Le 6 septembre 2005, la SARL a déposé le bilan. Me Z... a été nommée administrateur judiciaire.
Par jugement du 7 septembre 2006 rectifié le 16 novembre 2006, le Tribunal de Commerce de Saintes a :
- arrêté le principe de la cession forcée des parts de M. Christian X..., associé minoritaire,
- désigné M. B...pour procéder à l'évaluation des parts.
Après expertise, par jugement du 8 mars 2007, le Tribunal de Commerce de Saintes a :
- ordonné la cession des parts détenues par M. Christian X... au profit de Mme Y... pour 78. 000 €,
- arrêté le plan de continuation de la SARL Meubles Martel.
M. Christian X... a interjeté appel.
Par arrêt du 28 octobre 2008, la Cour d'Appel de Poitiers a confirmé le jugement.
Par arrêt du 9 février 2010, la Cour de Cassation a cassé et annulé dans toutes ses dispositions l'arrêt de la cour d'appel de Poitiers en renvoyant l'affaire dans son état antérieur à la cour d'appel de Limoges.

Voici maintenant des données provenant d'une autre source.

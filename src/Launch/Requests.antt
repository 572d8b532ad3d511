-- ===== src/Launch/Requests.antt =====
-- orchestration/research_launch_claims.py: the checks of keys, identities and texts, and
-- `_normalize_request`.
use quant_factory.Prelude.{
  ℕ, Bool, true, false, ◌||◌, not, Option, none, some, List, [], ◌∷◌, String, arith, ◌≡◌, nat_eq,
  string_eq, ◌==◌, ltb, any, all, if◌then◌else◌,
}
use quant_factory.Python.{Result, ok, err, launch_key, value_error, raise_unless}
use quant_factory.Python.Raising.{◌>>=◌, ◌>>◌}
use quant_factory.Python.Text
use quant_factory.Python.Text.{
  is_letter, is_digit, full_match, is_canonical_uuid, is_empty, strip, all_codes,
}
use quant_factory.Python.Json.{Texts}
use quant_factory.Persistence.{ResearchLaunchOperation, run_test}
use quant_factory.Launch.{ResearchLaunchRequest}

abbrev is_key_code : ℕ → Bool
is_key_code c = is_letter c || is_digit c || c == b'_' || c == b'-'

abbrev is_run_id_code : ℕ → Bool
is_run_id_code c = is_key_code c || c == b'.' || c == b':'

unfoldable pub validate_launch_key : String → Result String
validate_launch_key value = if full_match is_key_code 16 128 value then ok value else err launch_key

unfoldable pub validate_run_id : String → Result String
validate_run_id value = if full_match is_run_id_code 1 160 value then ok value else err value_error

unfoldable pub validate_dispatcher_id : String → Result String
validate_dispatcher_id value = if is_canonical_uuid value then ok value else err value_error

-- `any(ord(char) < 32 for char in normalized)` is refused.
unfoldable pub bounded_text : ℕ → String → Result String
bounded_text maximum value =
    let normalized = strip value in
    if is_empty normalized
      || ltb maximum (Text.length normalized)
      || not (all_codes (λ c. if ltb c 32 then false else true) normalized)
    then err value_error
    else ok normalized

unfoldable pub optional_bounded_text : ℕ → Option String → Result (Option String)
optional_bounded_text maximum none = ok none
optional_bounded_text maximum (some value) = do v ← bounded_text maximum value; ok (some v)

abbrev allowed_lineage_keys : List String
allowed_lineage_keys =
    "parent_run_id" ∷ "reproduction_of_run_id" ∷ "source_manifest_checksum"
    ∷ "source_runtime_identity" ∷ "source_dataset_identity"
    ∷ "source_execution_assumptions_identity" ∷ []

unfoldable pub has_allowed_keys : Texts → Bool
has_allowed_keys lineage = all (λ e. any (λ k. k == e.0) allowed_lineage_keys) lineage

unfoldable pub normalize_lineage : Texts → Result Texts
normalize_lineage [] = ok []
normalize_lineage ((key, value) ∷ lineage) = do
  k ← bounded_text 64 key
  v ← bounded_text 256 value
  rest ← normalize_lineage lineage
  ok ((k, v) ∷ rest)

pub record NormalizedRequest : Type 0 where
  pub operation : ResearchLaunchOperation
  pub configuration_id : String
  pub source_run_id : Option String
  pub source_lineage : Texts

abbrev or_empty : Option Texts → Texts
or_empty none = []
or_empty (some d) = d

abbrev is_run_test : ResearchLaunchOperation → Bool
is_run_test run_test = true
is_run_test _ = false

abbrev is_some : {A : Type 0} → Option A → Bool
is_some none = false
is_some (some a) = true

abbrev pub is_nonempty : Texts → Bool
is_nonempty [] = false
is_nonempty (e ∷ d) = true

-- A plain test carries no source run and no lineage; the other operations need a source run.
abbrev pub source_fits : ResearchLaunchOperation → Option String → Texts → Bool
source_fits operation source lineage =
    if is_run_test operation then not (is_some source || is_nonempty lineage) else is_some source

unfoldable pub normalize_request : ResearchLaunchRequest → Result NormalizedRequest
normalize_request request = do
  configuration_id ← bounded_text 200 request.configuration_id
  source_run_id ← optional_bounded_text 160 request.source_run_id
  raise_unless (has_allowed_keys (or_empty request.source_lineage)) value_error
  lineage ← normalize_lineage (or_empty request.source_lineage)
  raise_unless (source_fits request.operation source_run_id lineage) value_error
  ok (record {
    operation = request.operation;
    configuration_id = configuration_id;
    source_run_id = source_run_id;
    source_lineage = lineage;
  })

-- A valid key is kept as it is.
pub validate_launch_key_same : (key k : String) → validate_launch_key key ≡ ok k → k ≡ key
unfolding validate_launch_key
validate_launch_key_same key k h = ground arith

pub validate_dispatcher_id_same :
    (value v : String) → validate_dispatcher_id value ≡ ok v → v ≡ value
unfolding validate_dispatcher_id
validate_dispatcher_id_same value v h = ground arith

L'arrêt de la Cour de Cassation a été rendu, par rapport à la première branche du moyen, au visa de l'article L 621-59 du commerce dans sa rédaction antérieure à la loi du 26 juillet 2005 de sauvegarde des entreprises et de l'article 41, alinéa 1er du décret 27 décembre 1985.
La Cour énonce qu'il résulte de ces textes que la qualité de dirigeant du détenteur de parts sociales dont le Tribunal peut ordonner la cession si cela est nécessaire à la survie de l'entreprise, s'apprécie à la date du jugement qui ordonne la cession, et qu'en statuant comme elle l'a fait, alors que M. X... n'avait plus la qualité de dirigeant à la date à laquelle le Tribunal a ordonné la cession, la Cour a violé ces textes.
Sur la seconde branche du moyen, la Cour vise l'article 1843-4 du Code Civil, elle relève que l'arrêt s'est fondé sur les conclusions de l'expert désigné par le Tribunal, qu'en statuant ainsi alors que la désignation de l'expert selon cet article appartient au seul président du Tribunal, la Cour a violé ce texte.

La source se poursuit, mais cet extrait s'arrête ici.